I found my voice. “Which one is it?”
She gave my hand a soft grip by way of explanation, and thirty seconds later, the color on the movie screen changed to black. A cloud of white angel dust fell. The dust condensed, and over the next twenty seconds, it formed white letters on the black background: Savior.
In 3D, the title extended out into the theatre, against my chest, embracing my head. The title dissolved to minute snowflakes that drifted to the stage floor and into my hands, forming small mounds. I sat inside the white dust of words as a new cloud of white dispersed and formed the credits.
“Elizabeth Stark” appeared beside her character’s name, “Mumm.”
The meadow appeared with the ocean beyond. The image dissolved, and there was Mumm, two stories tall, filling the oxygen particles of the theatre. She was sitting in the sweeping, gold grass. I extended my free hand and brushed the straw away from my face.
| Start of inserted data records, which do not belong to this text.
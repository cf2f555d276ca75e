-- ===== src/PacketList/Heads.antt =====
-- `allocHead`: an empty list.
use gproxy.Common.{◌+◌, ◌<◌, ◌≡◌, refl, arith, true, []}
use gproxy.Common.Int.{pos, negsuc}
use gproxy.Common.Outcome.{ok}
use gproxy.Common.Outcome.Returns.{Returns, returns}
use gproxy.PacketList.Heap.{Memory, update}
use gproxy.PacketList.Spec.{IsList, nil}
use gproxy.PacketList.Alloc.{IsSound, New}
use gproxy.PacketList.{alloc_head}

-- the memory after `allocHead`
abbrev with_head : Memory → Memory
with_head h = record h {
  live = update h.live h.fresh true;
  next = update h.next h.fresh h.fresh;
  prev = update h.prev h.fresh h.fresh;
  length = update h.length h.fresh (pos 0);
  pkt_size = update h.pkt_size h.fresh (negsuc 0);
  fresh = h.fresh + 1;
}

alloc_head-with_head : (h : Memory) → h.fresh < h.limit → alloc_head h ≡ ok h.fresh (with_head h)
unfolding alloc_head
alloc_head-with_head h room = ground arith

with_head-New : (h : Memory) → IsSound h → New h (with_head h) h.fresh
with_head-New h s = record {
  sound = record {
    below = λ p e. ground (arith, s.below p);
    positive = omega arith;
    null_dead = ground (arith, s.positive, s.null_dead);
  };
  live = ground arith;
  ne_null = λ e. absurd (ground (arith, s.positive));
  same = λ q ne. ground arith;
}

with_head-IsList : (h : Memory) → IsSound h → IsList (with_head h) h.fresh []
with_head-IsList h s =
    let new = with_head-New h s in
    record {
      head_live = new.live;
      head_ne_null = new.ne_null;
      head_out = refl;
      distinct = tt;
      links = nil (ground arith) (ground arith);
      owned = tt;
      counted = ground arith;
    }

-- While there is memory, `allocHead` gives a new empty list and keeps every other object.
pub alloc_head_lem :
    (h : Memory)
    → IsSound h
    → h.fresh < h.limit
    → Returns
        (λ p g.
          IsList g p [] × New h g p × (p ≡ h.fresh) × (g.fresh ≡ h.fresh + 1) × (g.limit ≡ h.limit))
        (alloc_head h)
alloc_head_lem h s room =
    rw (alloc_head-with_head h room)
      (returns (with_head-IsList h s, with_head-New h s, refl, refl, refl))
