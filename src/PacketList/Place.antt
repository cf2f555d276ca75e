-- ===== src/PacketList/Place.antt =====
-- Where `insertNodeById` puts a node.
use gproxy.Common.{
  ℕ, zero, suc, ◌<◌, ◌≡◌, refl, Bool, true, false, [], ◌∷◌, ◌++◌, arith, ltb, ◌==◌, length, ap,
  if◌then◌else◌, Bool-cases, inl, inr,
}
use gproxy.Common.Outcome.{ok}
use gproxy.PacketList.Heap.{Ptr, Memory}
use gproxy.PacketList.Spec.{Cell, Cells, has, Links, nil, cons, Node, Owned}
use gproxy.PacketList.{position_loop}

-- The walk meets the id before it meets a greater one.
unfoldable pub meets : ℕ → Cells → Bool
meets id [] = false
meets id (c ∷ cs) =
    if c.packet.id == id then true else if ltb id c.packet.id then false else meets id cs

unfoldable pub insert : Cell → Cells → Cells
insert n [] = n ∷ []
insert n (c ∷ cs) =
    if c.packet.id == n.packet.id
    then c ∷ cs
    else if ltb n.packet.id c.packet.id
    then n ∷ c ∷ cs
    else c ∷ insert n cs

-- where the walk stops
pub position : Ptr → ℕ → Cells → Ptr
position hd id [] = hd
position hd id (c ∷ cs) =
    if c.packet.id == id then c.at else if ltb id c.packet.id then c.at else position hd id cs

pub position_loop-position :
    (h : Memory) (hd : Ptr) (fuel : ℕ) (n : Cell) {a : Ptr} {cs : Cells}
    → Node h n
    → Links h.next h.prev hd a cs
    → has hd cs ≡ false
    → Owned h hd cs
    → length cs < fuel
    → position_loop fuel hd (h.next a) n.at h
      ≡ ok (position hd n.packet.id cs, meets n.packet.id cs) h
unfolding position_loop position meets
position_loop-position h hd zero n m l out o f = absurd (omega arith)
position_loop-position h hd (suc fuel) n m (nil e e') out o f = ground arith
position_loop-position h hd (suc fuel) n m (cons {c} {cs} e e' l) out o f =
    ground (arith, position_loop-position h hd fuel n m l)

-- How the list is cut at the place for a new id.
pub data Place (hd : Ptr) (n : Cell) : Cells → Type 0 where
  known : {cs : Cells} → meets n.packet.id cs ≡ true → insert n cs ≡ cs → Place hd n cs
  last :
      {cs : Cells}
      → meets n.packet.id cs ≡ false
      → position hd n.packet.id cs ≡ hd
      → insert n cs ≡ cs ++ n ∷ []
      → Place hd n cs
  before :
      {cs : Cells} (xs : Cells) (c : Cell) (ys : Cells)
      → cs ≡ xs ++ c ∷ ys
      → meets n.packet.id cs ≡ false
      → position hd n.packet.id cs ≡ c.at
      → insert n cs ≡ xs ++ n ∷ c ∷ ys
      → Place hd n cs

pub Place-cons :
    (hd : Ptr) (n c : Cell) {cs : Cells}
    → (c.packet.id == n.packet.id) ≡ false
    → ltb n.packet.id c.packet.id ≡ false
    → Place hd n cs
    → Place hd n (c ∷ cs)
unfolding meets insert position
Place-cons hd n c ne ge (known m i) = known (rw (ne, ge) m) (rw (ne, ge, i))
Place-cons hd n c ne ge (last m p i) = last (rw (ne, ge) m) (rw (ne, ge) p) (rw (ne, ge, i))
Place-cons hd n c ne ge (before xs d ys s m p i) =
    before (c ∷ xs) d ys (ap (λ l. c ∷ l) s) (rw (ne, ge) m) (rw (ne, ge) p) (rw (ne, ge, i))

pub place : (hd : Ptr) (n : Cell) (cs : Cells) → Place hd n cs
unfolding meets insert position
place hd n [] = last refl refl refl
place hd n (c ∷ cs) = elim (Bool-cases (c.packet.id == n.packet.id)) [
  | inl same ↦ known (rw same) (rw same)
  | inr ne ↦ elim (Bool-cases (ltb n.packet.id c.packet.id)) [
    | inl lt ↦ before [] c cs refl (rw (ne, lt)) (rw (ne, lt)) (rw (ne, lt))
    | inr ge ↦ Place-cons hd n c ne ge (place hd n cs)
  ]
]
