-- ===== src/PacketList/Insert.antt =====
-- `insertNodeById` keeps the list in the order of the ids, without duplicates.
use gproxy.Common.{
  suc, ◌≡◌, refl, ◌≢◌, true, false, not, ◌||◌, [], ◌∷◌, ◌++◌, arith, ◌==◌, length, length-append,
}
use mathlib.Core.List.{append_assoc}
use gproxy.Common.Outcome.{ok}
use gproxy.Common.Outcome.Returns
use mathlib.Core.Path.{subst}
use gproxy.Common.Outcome.Returns.{Returns, returns}
use gproxy.PacketList.Heap.{Ptr, Memory}
use gproxy.PacketList.Spec.{
  Cell, Cells, has, Distinct, Links, Node, Owned, IsList, within, Frame, Relinked,
}
use gproxy.PacketList.Links.{has-append, last-has, Links-cut, Links-extend, Links-frame, Links-join}
use gproxy.PacketList.Owned.{
  Owned-live, Owned-append, Owned-join, Owned-relink, Node-relink, prev-live, Distinct-insert,
  Distinct-append, Distinct-apart, Distinct-drop, Relinked-refl, Same-refl,
}
use gproxy.PacketList.Append.{Linked, linked_before-IsList, linked_before, linked_before-Relinked}
use gproxy.PacketList.{position_loop, link_before, insert_node_by_id}
use gproxy.PacketList.Place.{
  known, last, before, meets, insert, position, position_loop-position, Place, place,
}

link_before-linked :
    (h : Memory) (hd q : Ptr) (n : Cell)
    → Node h n
    → h.live hd ≡ true
    → h.live q ≡ true
    → h.live (h.prev q) ≡ true
    → hd ≢ n.at
    → q ≢ n.at
    → link_before hd n.at q h ≡ ok tt (linked_before h hd n.at q)
unfolding link_before
link_before-linked h hd q n node live live' live'' ne ne' = ground arith

-- Before the node of `c`.
module _ {h : Memory} {hd : Ptr} (n : Cell) (xs : Cells) (c : Cell) (ys : Cells)
    (is : IsList h hd (xs ++ c ∷ ys)) (node : Node h n)
    (out : within hd (xs ++ c ∷ ys) n.at ≡ false) where
  -- What the insertion reads about the two neighbours.
  record Gap : Type 0 where
    front : Links h.next h.prev c.at hd xs
    back : Links h.next h.prev hd c.at ys
    before : ((h.prev c.at == hd) || has (h.prev c.at) xs) ≡ true
    head_out : ((hd == c.at) || has hd xs || has hd ys) ≡ false
    target_out : (has c.at xs || has c.at ys) ≡ false
    new_out : ((n.at == c.at) || (n.at == hd) || has n.at xs || has n.at ys) ≡ false
    front_distinct : Distinct xs
    apart : (p : Ptr) → has p xs ≡ true → has p ys ≡ false

  gap : Gap
  gap =
      let (front, back) = Links-cut xs c ys is.links in
      let (d, target) = Distinct-drop xs ys c is.distinct in
      record {
        front = front;
        back = back;
        before = last-has front;
        head_out = ground (arith, is.head_out, has-append hd xs (c ∷ ys));
        target_out = ground (arith, target, has-append c.at xs ys);
        new_out = ground (arith, has-append n.at xs (c ∷ ys));
        front_distinct = (Distinct-append xs ys d).0;
        apart = λ p i. Distinct-apart xs ys d p i;
      }

  link_before_lem : Linked h hd n (xs ++ c ∷ ys) (xs ++ n ∷ c ∷ ys) (linked_before h hd n.at c.at)
  link_before_lem = (
    record {
      head_live = is.head_live;
      head_ne_null = is.head_ne_null;
      head_out = ground (arith, has-append hd xs (n ∷ c ∷ ys), gap.head_out, gap.new_out);
      distinct = Distinct-insert xs (c ∷ ys) n is.distinct (ground arith);
      links = rw (← append_assoc xs (n ∷ []) (c ∷ ys)) (
          Links-join c refl
            (Links-extend n gap.front (ground (arith, gap.head_out, gap.new_out))
              (ground (arith, gap.target_out, gap.new_out))
              (ground (arith, gap.front_distinct, gap.new_out)))
            (Links-frame gap.back
              (λ p i.
                ground (arith, gap.before, gap.head_out, gap.target_out, gap.new_out, gap.apart p))
              (λ p i. ground (arith, gap.head_out, gap.target_out, gap.new_out))));
      owned =
          Owned-join _ hd xs (n ∷ c ∷ ys)
            (Owned-relink h _ hd xs relinked (λ p i. ground (arith, gap.new_out)) parts.0)
            (
              Node-relink node relinked,
              ground arith,
              Owned-relink h _ hd (c ∷ ys) relinked (λ p i. ground (arith, gap.new_out)) parts.1,
            );
      counted =
          ground (arith, is.counted, length-append xs (c ∷ ys), length-append xs (n ∷ c ∷ ys));
    },
    (λ p o. ground (arith, gap.before, has-append p xs (c ∷ ys))),
    relinked,
  )
    where
      relinked : Relinked h (linked_before h hd n.at c.at)
      relinked = linked_before-Relinked h hd n.at c.at

      parts : Owned h hd xs × Owned h hd (c ∷ ys)
      parts = Owned-append h hd xs (c ∷ ys) is.owned

  before-live : (h.live c.at ≡ true) × (h.live (h.prev c.at) ≡ true)
  before-live =
      let (o, o') = Owned-append h hd xs (c ∷ ys) is.owned in
      (o'.0.live, ground (arith, gap.before, is.head_live, Owned-live h hd (h.prev c.at) xs o))

  link_between :
      Returns (λ _. Linked h hd n (xs ++ c ∷ ys) (xs ++ n ∷ c ∷ ys)) (link_before hd n.at c.at h)
  link_between =
      rw
        (link_before-linked h hd c.at n node is.head_live before-live.0 before-live.1
          (ground (arith, gap.new_out)) (ground (arith, gap.new_out)))
        (returns link_before_lem)

walk :
    {h : Memory} {hd : Ptr} {cs : Cells} (n : Cell)
    → IsList h hd cs
    → Node h n
    → position_loop (suc (length cs)) hd (h.next hd) n.at h
      ≡ ok (position hd n.packet.id cs, meets n.packet.id cs) h
walk {h} {hd} {cs} n is node =
    position_loop-position h hd (suc (length cs)) n node is.links is.head_out is.owned (omega arith)

Place-insert :
    {h : Memory} {hd : Ptr} {cs : Cells} (n : Cell)
    → IsList h hd cs
    → Node h n
    → within hd cs n.at ≡ false
    → Place hd n cs
    → Returns
        (λ done g. (done ≡ not (meets n.packet.id cs)) × Linked h hd n cs (insert n cs) g)
        (insert_node_by_id hd n.at h)
unfolding insert_node_by_id
Place-insert {h} {hd} {cs} n is node out (known m i) =
    rw (is.head_live, is.counted, walk n is node, m)
      (returns (refl, (rw i is, (λ p o. Same-refl h p), Relinked-refl h)))
Place-insert {h} {hd} {cs} n is node out (last m p i) =
    rw
      (
        is.head_live,
        is.counted,
        walk n is node,
        m,
        p,
        i,
        link_before-linked h hd hd n node is.head_live is.head_live (prev-live is).0 (ground arith)
            (ground arith),
      )
      (returns (refl, linked_before-IsList n is node out))
Place-insert {h} {hd} {cs} n is node out (before xs c ys s m p i) =
    rw (is.head_live, is.counted, walk n is node, m, p, i, s)
      (Returns.bind
        (link_between n xs c ys (subst (IsList h hd) s is) node
          (subst (λ l. within hd l n.at ≡ false) s out))
        λ _ g linked. returns (refl, linked))

-- `insertNodeById` puts a node that is in no list at its place, and says so; if the walk meets its
-- id, it returns `FALSE` and the list stays as it is. Memory outside the list and the node is as
-- it was.
pub insert_node_by_id_lem :
    {h : Memory} {hd : Ptr} {cs : Cells} (n : Cell)
    → IsList h hd cs
    → Node h n
    → within hd cs n.at ≡ false
    → Returns
        (λ done g.
          (done ≡ not (meets n.packet.id cs))
          × IsList g hd (insert n cs)
          × Frame (within hd (n ∷ cs)) h g
          × Relinked h g)
        (insert_node_by_id hd n.at h)
insert_node_by_id_lem {h} {hd} {cs} n is node out =
    Returns.mono (Place-insert n is node out (place hd n cs))
      λ done g (said, linked). (said, linked.0, linked.1, linked.2)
I listened to the soundtrack, the winds from the trees and the sea. I watched the different currents of song change hue and blend. Mumm’s eyes were dreamy and sad and thoughtful. The back of my white shirt appeared as I entered the meadow. I watched myself walk to her, my left hand low and clenched. There we were, Mumm and I, side by side from many years ago. The length of rope was there in my hand, but not yet visible in the shot.
In the theatre, with our hands joined, we kept our goggles to the movie. Mumm and me, immersed in the short story of saving.
WHEN THE film ended, the lights remained off. Two women with pinpoint lights appeared from behind the medical equipment. One of them disconnected the devices, and Mumm was wheeled away, her chair on silent casters. She appeared to be sleeping. Her veil was still raised, but her chin was down to her chest. I watched her as she was rolled through curtains on the side wall. When the curtains closed, I waited a minute, listening to nothing, and left the theatre.